I started off mirroring my blog on Freenet and and now I'm experimenting with
storing it there first and using a reverse proxy to make it available on
clearnet [1]. This approach would work on IPFS and Morphis too. If the
clearnet site gets taken down it's always available on the distributed store
and it's simple to spin up a proxy somewhere else to provide clearnet access.

For systems where unpopular data goes away over time the access via the
clearnet proxy provides more access to it to make that less likely since
clearnet is full of crawlers, bots, search engines etc constantly hitting it.
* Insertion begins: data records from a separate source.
-- ===== src/Memory/Blocks.antt =====
-- What memset, memcpy and memcmp of ViOS64Bit/src/memory/memory.c do to every address.
use vi_os.Prelude.{
  ℕ, zero, suc, ◌+◌, ◌-◌, ◌%◌, ◌^◌, ◌≤◌, ◌<◌, ◌≡◌, refl, ◌⊎◌, inl, inr, ap, ◌∙◌, ◌&&◌, ltb, leb,
  lt→ltb, if◌then◌else◌, arith, ok, pos, ◌↔◌, Bool,
}
use native.Mathlib.Nat.{add-zero}
use vi_os.Memory.{Bytes, put, memset_loop, memset, memcpy_loop, memcpy, memcmp}

-- `p ≤ a < p + n`
abbrev pub within : ℕ → ℕ → ℕ → Bool
within p n a = leb p a && ltb a (p + n)

pub memset_loop_lem :
    (n : ℕ) (m : Bytes) (p c a : ℕ)
    → memset_loop n m p c a ≡ (if within p n a then c % 256 else m a)
unfolding memset_loop
memset_loop_lem zero m p c a = ground arith
memset_loop_lem (suc n) m p c a = ground (arith, memset_loop_lem n (put m p (c % 256)) (p + 1) c a)

pub memcpy_loop_lem :
    (n : ℕ) (m : Bytes) (d s a : ℕ)
    → (d ≤ s) ⊎ (s + n ≤ d)
    → memcpy_loop n m d s a ≡ (if within d n a then m (s + (a - d)) else m a)
unfolding memcpy_loop
memcpy_loop_lem zero m d s a h = ground arith
memcpy_loop_lem (suc n) m d s a h =
    ground (arith, memcpy_loop_lem n (put m d (m s)) (d + 1) (s + 1) a premise, same)
  where
    premise : (d + 1 ≤ s + 1) ⊎ (s + 1 + n ≤ d + 1)
    premise = elim h [ inl le ↦ inl (omega arith) | inr le ↦ inr (omega arith) ]

    same : d < a → m (s + 1 + (a - (d + 1))) ≡ m (s + (a - d))
    same lt = ap m (omega arith)

-- memset writes the low byte of `c` over exactly the `n` bytes from `p`, and returns for every size
-- that an `int` counts.
pub memset_lem :
    (n : ℕ) (m : Bytes) (p c : ℕ)
    → n < 2 ^ 31
    → (m' : Bytes) × (memset m p c n ≡ ok m')
      × ((a : ℕ) → m' a ≡ (if within p n a then c % 256 else m a))
unfolding memset
memset_lem n m p c h = (memset_loop n m p c, ground arith, λ a. memset_loop_lem n m p c a)

-- memcpy, on ranges that are apart or moved to a lower address, returns and copies the old bytes of
-- the source over exactly the destination.
pub memcpy_lem :
    (n : ℕ) (m : Bytes) (d s : ℕ)
    → n < 2 ^ 31
    → (d ≤ s) ⊎ (s + n ≤ d)
    → (m' : Bytes) × (memcpy m d s n ≡ ok m')
      × ((a : ℕ) → m' a ≡ (if within d n a then m (s + (a - d)) else m a))
unfolding memcpy
memcpy_lem n m d s h apart =
    (memcpy_loop n m d s, rw (low, lt→ltb n (2 ^ 31) h), λ a. memcpy_loop_lem n m d s a apart)
  where
    low : n % 2 ^ 32 ≡ n
    low = omega arith

memcmp-zero :
    (n : ℕ) (m : Bytes) (s1 s2 : ℕ)
    → memcmp n m s1 s2 ≡ pos 0
    → (k : ℕ) → k < n
    → m (s1 + k) ≡ m (s2 + k)
unfolding memcmp
memcmp-zero zero m s1 s2 e k h = absurd (omega arith)
memcmp-zero (suc n) m s1 s2 e zero h = ground (arith, ap m (add-zero s1), ap m (add-zero s2))
memcmp-zero (suc n) m s1 s2 e (suc k) h =
    ap m (omega arith)
    ∙ memcmp-zero n m (s1 + 1) (s2 + 1) (ground arith) k (omega arith)
    ∙ ap m (omega arith)

zero-memcmp :
    (n : ℕ) (m : Bytes) (s1 s2 : ℕ)
    → ((k : ℕ) → k < n → m (s1 + k) ≡ m (s2 + k))
    → memcmp n m s1 s2 ≡ pos 0
unfolding memcmp
zero-memcmp zero m s1 s2 h = refl
zero-memcmp (suc n) m s1 s2 h =
    ground
      (arith, h 0, ap m (add-zero s1), ap m (add-zero s2), zero-memcmp n m (s1 + 1) (s2 + 1) later)
  where
    later : (k : ℕ) → k < n → m (s1 + 1 + k) ≡ m (s2 + 1 + k)
    later k lt = ap m (omega arith) ∙ h (k + 1) (omega arith) ∙ ap m (omega arith)

-- memcmp returns 0 exactly when the two ranges hold the same bytes.
pub memcmp-eq :
    (n : ℕ) (m : Bytes) (s1 s2 : ℕ)
    → (memcmp n m s1 s2 ≡ pos 0) ↔ ((k : ℕ) → k < n → m (s1 + k) ≡ m (s2 + k))
memcmp-eq n m s1 s2 = (memcmp-zero n m s1 s2, zero-memcmp n m s1 s2)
[1] [http://bluishcoder.co.nz/2015/09/14/using-freenet-for-
static...](http://bluishcoder.co.nz/2015/09/14/using-freenet-for-static-
websites.html)

------
eatonphil
This is the first time I'm seeing IPFS. So when the IPFS servers are running,
they register themselves with some central node to let everyone know they
exist/are online? This is how they get away without a static IP address? Am I
thinking about this correctly?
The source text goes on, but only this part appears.